# Data under study:

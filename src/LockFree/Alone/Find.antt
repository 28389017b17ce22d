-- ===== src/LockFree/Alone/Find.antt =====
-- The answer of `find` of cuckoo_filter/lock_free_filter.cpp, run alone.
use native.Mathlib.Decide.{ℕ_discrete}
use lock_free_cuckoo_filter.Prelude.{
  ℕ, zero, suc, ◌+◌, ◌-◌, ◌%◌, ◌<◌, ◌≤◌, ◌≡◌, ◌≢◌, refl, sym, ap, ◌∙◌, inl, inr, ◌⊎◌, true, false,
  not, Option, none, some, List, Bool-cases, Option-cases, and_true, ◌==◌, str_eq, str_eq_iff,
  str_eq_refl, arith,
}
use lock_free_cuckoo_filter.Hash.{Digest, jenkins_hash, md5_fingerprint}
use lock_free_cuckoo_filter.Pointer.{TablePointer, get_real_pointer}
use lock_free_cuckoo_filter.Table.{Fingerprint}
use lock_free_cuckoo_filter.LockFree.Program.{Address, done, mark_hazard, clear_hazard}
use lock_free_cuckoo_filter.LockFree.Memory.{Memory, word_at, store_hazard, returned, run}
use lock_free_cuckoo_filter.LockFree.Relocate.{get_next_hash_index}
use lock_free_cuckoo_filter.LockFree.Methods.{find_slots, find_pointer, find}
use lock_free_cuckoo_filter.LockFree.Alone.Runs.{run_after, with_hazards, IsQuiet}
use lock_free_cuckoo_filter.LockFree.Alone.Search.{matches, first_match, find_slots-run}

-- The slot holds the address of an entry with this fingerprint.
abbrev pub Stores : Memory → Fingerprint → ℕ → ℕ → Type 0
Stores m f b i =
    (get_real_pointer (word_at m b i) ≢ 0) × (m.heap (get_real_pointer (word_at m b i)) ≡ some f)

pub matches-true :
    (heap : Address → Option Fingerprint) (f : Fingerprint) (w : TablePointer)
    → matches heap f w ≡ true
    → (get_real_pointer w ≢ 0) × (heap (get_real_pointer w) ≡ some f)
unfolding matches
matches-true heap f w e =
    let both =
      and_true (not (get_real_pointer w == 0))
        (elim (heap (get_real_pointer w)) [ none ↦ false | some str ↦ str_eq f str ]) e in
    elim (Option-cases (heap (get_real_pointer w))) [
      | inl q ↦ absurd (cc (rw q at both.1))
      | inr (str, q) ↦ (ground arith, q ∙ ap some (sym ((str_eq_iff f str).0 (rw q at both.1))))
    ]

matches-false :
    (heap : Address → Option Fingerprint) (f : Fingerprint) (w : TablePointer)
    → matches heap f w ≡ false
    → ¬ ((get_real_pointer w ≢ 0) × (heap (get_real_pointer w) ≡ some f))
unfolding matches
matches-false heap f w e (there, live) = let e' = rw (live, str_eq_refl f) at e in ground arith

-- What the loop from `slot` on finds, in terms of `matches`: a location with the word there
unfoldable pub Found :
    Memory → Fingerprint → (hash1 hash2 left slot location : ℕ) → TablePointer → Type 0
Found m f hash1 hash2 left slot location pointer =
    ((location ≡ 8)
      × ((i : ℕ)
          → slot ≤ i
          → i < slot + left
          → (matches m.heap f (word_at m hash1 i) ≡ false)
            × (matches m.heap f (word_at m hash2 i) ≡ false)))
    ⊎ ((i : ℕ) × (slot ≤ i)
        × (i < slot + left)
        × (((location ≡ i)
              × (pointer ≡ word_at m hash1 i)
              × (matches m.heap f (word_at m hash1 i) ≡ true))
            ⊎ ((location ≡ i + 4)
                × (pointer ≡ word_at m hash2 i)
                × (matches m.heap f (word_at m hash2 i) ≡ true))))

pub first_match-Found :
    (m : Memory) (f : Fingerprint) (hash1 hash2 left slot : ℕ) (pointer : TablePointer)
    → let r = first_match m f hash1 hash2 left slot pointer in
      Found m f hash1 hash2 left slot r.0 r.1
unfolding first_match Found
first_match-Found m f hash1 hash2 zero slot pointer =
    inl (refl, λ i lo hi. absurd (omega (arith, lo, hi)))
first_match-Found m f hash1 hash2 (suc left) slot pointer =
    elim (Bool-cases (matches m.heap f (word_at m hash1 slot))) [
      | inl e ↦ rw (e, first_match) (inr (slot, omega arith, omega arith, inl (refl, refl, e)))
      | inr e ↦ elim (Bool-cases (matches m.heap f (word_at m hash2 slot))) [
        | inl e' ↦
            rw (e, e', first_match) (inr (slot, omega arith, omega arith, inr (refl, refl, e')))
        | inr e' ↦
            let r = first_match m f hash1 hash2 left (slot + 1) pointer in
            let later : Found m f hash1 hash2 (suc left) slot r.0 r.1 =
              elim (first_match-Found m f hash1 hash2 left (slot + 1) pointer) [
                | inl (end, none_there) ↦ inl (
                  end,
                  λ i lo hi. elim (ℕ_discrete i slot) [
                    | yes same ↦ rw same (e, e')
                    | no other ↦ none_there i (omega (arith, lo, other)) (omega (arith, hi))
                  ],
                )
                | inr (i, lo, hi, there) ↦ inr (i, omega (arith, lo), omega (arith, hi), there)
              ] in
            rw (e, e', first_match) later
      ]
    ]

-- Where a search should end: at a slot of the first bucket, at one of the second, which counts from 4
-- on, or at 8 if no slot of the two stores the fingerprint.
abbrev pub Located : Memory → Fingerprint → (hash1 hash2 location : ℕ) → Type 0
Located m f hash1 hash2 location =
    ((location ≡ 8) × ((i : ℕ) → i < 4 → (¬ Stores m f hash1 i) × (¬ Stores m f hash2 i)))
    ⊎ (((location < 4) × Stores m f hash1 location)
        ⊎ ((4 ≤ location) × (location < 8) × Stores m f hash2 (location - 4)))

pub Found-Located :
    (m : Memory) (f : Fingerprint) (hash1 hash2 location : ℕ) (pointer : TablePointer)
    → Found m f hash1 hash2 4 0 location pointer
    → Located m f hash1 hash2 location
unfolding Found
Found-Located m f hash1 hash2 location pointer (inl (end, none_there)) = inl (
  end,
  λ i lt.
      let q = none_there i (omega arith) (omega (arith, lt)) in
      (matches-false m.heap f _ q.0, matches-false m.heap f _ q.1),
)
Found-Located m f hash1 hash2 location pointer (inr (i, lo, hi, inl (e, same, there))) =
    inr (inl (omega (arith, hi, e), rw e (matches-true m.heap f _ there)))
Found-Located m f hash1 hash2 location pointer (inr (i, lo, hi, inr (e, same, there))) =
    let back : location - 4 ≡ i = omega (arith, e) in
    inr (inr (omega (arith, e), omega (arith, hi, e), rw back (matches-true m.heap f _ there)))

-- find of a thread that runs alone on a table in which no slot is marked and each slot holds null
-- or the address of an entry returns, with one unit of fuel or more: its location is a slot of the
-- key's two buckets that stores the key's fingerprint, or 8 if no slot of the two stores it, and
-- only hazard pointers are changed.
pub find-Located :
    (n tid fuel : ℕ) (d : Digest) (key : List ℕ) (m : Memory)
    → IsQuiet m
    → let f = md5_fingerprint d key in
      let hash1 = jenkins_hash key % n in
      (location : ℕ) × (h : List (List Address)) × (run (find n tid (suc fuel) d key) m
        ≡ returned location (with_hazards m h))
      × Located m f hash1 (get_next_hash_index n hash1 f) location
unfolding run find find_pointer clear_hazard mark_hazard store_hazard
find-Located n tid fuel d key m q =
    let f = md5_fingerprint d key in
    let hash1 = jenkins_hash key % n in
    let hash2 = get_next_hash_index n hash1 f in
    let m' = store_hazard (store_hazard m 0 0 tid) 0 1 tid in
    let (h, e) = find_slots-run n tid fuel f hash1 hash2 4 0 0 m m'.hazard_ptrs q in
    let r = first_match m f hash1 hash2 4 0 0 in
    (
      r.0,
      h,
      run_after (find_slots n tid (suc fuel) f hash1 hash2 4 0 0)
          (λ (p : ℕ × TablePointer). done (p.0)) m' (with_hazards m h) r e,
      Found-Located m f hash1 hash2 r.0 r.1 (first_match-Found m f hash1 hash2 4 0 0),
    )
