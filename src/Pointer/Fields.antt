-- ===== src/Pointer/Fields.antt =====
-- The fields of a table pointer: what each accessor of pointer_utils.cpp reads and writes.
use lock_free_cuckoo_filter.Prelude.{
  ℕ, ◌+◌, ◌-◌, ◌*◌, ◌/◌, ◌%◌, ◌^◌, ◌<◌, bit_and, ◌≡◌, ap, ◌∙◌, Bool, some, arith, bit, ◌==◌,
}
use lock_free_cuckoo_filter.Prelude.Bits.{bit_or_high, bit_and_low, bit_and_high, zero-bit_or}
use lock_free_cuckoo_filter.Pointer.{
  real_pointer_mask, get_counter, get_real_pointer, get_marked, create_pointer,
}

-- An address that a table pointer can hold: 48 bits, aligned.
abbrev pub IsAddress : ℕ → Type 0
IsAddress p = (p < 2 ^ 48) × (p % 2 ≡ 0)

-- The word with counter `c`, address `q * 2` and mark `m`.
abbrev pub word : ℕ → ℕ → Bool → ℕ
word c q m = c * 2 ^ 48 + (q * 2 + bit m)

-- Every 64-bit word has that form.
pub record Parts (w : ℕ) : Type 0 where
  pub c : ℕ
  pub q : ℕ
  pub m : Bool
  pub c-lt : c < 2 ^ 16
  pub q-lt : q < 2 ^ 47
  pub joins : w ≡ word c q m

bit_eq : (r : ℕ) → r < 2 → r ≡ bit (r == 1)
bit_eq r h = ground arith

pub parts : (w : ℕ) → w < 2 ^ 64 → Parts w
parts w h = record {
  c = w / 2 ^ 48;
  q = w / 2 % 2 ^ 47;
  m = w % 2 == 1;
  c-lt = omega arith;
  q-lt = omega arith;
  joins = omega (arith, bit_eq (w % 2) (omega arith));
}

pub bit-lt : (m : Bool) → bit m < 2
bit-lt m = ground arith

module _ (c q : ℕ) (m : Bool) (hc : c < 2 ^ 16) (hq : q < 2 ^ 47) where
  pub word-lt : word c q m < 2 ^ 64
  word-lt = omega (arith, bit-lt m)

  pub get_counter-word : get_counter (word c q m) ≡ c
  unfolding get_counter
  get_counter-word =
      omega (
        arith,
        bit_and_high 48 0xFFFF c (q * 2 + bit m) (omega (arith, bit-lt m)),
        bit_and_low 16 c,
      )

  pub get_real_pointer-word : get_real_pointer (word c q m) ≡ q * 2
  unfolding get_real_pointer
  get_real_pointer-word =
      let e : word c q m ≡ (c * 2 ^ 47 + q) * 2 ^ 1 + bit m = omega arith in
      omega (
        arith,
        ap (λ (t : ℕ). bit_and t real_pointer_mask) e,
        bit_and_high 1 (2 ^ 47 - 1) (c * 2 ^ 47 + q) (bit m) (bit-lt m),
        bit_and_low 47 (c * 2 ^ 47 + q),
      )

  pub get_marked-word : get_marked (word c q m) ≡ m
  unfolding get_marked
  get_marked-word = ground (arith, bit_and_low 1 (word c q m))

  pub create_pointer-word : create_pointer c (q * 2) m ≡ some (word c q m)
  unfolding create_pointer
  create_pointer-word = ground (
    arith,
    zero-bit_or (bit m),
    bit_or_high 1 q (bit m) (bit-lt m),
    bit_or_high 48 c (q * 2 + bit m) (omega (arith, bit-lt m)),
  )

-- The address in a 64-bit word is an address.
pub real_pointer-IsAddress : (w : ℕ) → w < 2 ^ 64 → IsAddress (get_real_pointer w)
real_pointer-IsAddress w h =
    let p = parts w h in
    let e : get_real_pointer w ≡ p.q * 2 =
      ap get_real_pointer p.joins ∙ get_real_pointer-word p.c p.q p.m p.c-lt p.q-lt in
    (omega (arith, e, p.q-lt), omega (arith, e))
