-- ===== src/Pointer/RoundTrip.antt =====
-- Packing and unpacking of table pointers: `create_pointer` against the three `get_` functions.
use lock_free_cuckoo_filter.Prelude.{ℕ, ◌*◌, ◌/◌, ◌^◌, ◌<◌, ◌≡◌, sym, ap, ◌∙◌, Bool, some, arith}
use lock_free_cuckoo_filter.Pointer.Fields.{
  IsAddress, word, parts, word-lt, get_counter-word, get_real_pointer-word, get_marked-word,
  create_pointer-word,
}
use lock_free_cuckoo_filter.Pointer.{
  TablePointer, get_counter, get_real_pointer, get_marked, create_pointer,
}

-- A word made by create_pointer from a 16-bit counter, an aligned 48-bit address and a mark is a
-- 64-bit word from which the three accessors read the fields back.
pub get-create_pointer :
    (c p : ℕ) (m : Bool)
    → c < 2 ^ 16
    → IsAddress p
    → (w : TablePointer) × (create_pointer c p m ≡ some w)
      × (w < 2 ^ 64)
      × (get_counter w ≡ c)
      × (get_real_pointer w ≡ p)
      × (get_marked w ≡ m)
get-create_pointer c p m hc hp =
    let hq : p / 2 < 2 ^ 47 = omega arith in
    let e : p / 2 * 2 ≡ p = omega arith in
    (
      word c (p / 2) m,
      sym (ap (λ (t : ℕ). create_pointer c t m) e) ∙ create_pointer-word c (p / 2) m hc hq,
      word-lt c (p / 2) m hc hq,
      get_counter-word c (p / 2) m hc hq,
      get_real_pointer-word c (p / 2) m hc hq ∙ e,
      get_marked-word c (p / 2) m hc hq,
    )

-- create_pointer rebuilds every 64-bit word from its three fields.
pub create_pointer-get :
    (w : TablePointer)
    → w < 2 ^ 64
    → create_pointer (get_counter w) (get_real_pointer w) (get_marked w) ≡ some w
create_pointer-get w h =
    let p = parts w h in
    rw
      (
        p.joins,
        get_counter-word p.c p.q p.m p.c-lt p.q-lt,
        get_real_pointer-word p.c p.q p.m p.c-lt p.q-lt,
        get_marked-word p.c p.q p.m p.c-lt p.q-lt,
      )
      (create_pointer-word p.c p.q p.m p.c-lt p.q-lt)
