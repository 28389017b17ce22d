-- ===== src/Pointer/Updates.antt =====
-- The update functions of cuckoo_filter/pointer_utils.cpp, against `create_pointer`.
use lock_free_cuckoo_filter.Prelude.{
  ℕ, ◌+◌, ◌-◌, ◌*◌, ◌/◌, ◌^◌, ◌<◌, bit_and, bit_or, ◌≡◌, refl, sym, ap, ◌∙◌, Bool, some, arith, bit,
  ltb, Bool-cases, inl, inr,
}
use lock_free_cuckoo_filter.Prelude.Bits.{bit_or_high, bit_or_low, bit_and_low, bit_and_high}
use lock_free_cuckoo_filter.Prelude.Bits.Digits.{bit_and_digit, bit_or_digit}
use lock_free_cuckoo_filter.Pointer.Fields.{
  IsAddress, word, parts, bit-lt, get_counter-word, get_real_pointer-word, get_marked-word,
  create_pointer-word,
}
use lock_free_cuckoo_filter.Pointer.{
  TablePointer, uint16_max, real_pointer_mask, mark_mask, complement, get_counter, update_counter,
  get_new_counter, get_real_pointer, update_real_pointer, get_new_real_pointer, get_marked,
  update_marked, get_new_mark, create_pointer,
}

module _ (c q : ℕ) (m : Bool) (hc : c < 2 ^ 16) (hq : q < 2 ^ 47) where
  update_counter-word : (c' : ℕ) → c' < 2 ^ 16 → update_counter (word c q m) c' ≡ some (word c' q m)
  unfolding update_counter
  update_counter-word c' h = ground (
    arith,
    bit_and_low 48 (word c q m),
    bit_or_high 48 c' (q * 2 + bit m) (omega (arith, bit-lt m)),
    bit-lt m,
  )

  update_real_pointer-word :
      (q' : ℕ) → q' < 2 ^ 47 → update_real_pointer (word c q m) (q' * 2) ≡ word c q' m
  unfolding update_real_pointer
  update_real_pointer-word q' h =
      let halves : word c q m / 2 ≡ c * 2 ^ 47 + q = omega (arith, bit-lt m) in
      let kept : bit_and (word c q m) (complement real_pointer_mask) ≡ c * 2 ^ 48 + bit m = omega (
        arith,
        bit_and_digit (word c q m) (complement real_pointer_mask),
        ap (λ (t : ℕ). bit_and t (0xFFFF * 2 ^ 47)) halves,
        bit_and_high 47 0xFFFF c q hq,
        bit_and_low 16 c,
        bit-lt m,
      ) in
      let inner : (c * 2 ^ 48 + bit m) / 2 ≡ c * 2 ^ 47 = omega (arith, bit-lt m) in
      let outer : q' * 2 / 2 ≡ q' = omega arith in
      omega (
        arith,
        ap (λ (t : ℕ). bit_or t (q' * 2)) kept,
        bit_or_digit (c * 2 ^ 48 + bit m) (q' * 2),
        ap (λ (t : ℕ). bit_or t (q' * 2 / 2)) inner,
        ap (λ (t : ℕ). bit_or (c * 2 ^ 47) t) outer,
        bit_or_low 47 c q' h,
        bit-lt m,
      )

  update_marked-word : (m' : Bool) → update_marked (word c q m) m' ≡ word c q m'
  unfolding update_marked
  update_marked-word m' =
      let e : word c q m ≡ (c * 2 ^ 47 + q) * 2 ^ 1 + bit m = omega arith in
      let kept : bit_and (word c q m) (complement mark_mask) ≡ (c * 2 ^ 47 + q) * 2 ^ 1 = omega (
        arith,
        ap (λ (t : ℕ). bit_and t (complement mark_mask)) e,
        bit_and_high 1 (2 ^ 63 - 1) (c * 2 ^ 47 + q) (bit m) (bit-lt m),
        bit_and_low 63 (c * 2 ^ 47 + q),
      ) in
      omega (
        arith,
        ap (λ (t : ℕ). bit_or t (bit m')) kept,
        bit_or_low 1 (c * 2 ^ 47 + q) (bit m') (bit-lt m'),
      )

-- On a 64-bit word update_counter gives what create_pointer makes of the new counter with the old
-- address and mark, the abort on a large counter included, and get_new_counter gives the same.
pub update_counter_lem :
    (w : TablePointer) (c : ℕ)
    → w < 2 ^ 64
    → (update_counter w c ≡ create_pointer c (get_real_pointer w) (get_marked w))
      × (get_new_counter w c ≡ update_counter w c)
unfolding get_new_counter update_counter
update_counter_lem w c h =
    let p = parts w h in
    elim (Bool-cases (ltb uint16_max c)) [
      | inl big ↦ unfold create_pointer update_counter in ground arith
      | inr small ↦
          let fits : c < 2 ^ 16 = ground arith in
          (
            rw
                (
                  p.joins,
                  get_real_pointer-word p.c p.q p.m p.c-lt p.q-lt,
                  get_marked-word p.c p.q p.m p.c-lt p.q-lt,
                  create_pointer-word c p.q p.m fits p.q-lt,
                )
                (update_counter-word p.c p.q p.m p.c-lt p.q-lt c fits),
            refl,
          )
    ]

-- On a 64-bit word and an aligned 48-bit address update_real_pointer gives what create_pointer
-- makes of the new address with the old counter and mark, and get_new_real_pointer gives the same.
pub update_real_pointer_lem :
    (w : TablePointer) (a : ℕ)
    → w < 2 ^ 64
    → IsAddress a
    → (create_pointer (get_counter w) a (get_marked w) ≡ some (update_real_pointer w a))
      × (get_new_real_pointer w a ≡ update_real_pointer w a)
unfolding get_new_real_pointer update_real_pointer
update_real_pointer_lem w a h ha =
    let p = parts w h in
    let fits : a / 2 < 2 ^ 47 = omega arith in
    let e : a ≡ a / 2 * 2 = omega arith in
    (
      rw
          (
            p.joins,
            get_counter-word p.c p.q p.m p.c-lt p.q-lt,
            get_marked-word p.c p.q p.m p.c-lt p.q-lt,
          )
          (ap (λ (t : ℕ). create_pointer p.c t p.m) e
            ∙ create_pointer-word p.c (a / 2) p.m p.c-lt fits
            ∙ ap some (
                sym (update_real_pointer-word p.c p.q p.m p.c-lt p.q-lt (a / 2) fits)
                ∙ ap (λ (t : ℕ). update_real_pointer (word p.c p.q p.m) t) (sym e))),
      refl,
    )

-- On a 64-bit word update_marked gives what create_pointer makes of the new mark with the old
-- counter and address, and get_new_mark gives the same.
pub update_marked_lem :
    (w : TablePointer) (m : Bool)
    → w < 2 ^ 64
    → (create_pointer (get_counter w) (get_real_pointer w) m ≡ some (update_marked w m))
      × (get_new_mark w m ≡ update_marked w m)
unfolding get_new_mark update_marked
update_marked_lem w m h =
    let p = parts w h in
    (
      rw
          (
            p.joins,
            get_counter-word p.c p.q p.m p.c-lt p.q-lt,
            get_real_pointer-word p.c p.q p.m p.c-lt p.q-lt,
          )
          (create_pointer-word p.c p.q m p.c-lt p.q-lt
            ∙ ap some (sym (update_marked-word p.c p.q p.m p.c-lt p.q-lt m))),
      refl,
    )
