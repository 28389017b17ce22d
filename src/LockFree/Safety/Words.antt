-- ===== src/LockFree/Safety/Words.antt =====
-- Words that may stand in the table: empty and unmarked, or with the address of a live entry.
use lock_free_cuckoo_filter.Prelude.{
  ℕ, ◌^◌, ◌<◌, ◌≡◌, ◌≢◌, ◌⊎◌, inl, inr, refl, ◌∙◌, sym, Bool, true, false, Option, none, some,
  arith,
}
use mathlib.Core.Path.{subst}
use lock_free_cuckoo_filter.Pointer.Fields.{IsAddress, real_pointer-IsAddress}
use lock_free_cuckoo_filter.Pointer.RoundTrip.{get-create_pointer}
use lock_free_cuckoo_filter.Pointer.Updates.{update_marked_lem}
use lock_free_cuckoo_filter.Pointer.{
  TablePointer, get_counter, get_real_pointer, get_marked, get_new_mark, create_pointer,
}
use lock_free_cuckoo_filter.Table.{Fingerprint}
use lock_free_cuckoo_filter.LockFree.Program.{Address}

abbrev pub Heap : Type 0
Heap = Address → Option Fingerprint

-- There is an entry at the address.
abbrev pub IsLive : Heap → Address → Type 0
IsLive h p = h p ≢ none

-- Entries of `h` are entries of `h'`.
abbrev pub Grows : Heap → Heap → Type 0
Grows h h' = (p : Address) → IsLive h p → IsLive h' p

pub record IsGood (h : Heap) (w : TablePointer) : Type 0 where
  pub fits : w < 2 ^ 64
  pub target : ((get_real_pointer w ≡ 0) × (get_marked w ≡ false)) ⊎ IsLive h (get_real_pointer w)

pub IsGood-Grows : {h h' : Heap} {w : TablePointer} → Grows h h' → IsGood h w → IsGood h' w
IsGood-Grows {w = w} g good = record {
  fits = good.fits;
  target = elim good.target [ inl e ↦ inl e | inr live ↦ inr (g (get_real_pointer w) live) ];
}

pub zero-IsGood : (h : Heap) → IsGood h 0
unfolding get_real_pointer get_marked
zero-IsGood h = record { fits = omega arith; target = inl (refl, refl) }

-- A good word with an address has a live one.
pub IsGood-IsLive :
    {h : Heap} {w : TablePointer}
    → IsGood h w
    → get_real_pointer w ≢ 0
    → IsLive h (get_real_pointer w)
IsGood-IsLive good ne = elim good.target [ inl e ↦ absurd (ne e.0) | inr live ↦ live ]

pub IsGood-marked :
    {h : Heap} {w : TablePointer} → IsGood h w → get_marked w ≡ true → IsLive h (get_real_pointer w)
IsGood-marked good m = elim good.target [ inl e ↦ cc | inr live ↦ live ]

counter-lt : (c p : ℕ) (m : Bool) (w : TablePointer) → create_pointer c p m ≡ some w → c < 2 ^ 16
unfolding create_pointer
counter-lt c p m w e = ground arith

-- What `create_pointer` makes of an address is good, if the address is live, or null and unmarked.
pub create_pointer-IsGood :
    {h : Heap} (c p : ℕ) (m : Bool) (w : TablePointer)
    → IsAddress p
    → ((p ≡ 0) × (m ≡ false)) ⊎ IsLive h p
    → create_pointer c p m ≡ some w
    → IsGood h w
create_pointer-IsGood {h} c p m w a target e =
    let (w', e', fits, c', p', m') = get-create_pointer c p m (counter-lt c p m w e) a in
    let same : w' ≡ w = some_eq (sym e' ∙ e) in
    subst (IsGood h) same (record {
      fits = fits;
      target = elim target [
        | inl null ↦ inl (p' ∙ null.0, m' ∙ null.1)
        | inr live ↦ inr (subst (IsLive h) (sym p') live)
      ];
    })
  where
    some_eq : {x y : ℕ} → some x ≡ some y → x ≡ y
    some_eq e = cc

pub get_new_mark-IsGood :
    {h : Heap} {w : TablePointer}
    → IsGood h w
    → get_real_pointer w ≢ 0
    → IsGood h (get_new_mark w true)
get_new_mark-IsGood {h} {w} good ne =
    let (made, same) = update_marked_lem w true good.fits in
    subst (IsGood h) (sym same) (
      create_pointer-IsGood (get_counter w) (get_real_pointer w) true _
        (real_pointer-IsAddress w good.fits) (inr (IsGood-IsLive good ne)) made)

# Aim of the task:
Could you filter the entries above for lines holding the string "unmarked" and copy them?

# Solution for this task:
-- Words that may stand in the table: empty and unmarked, or with the address of a live entry.
-- What `create_pointer` makes of an address is good, if the address is live, or null and unmarked.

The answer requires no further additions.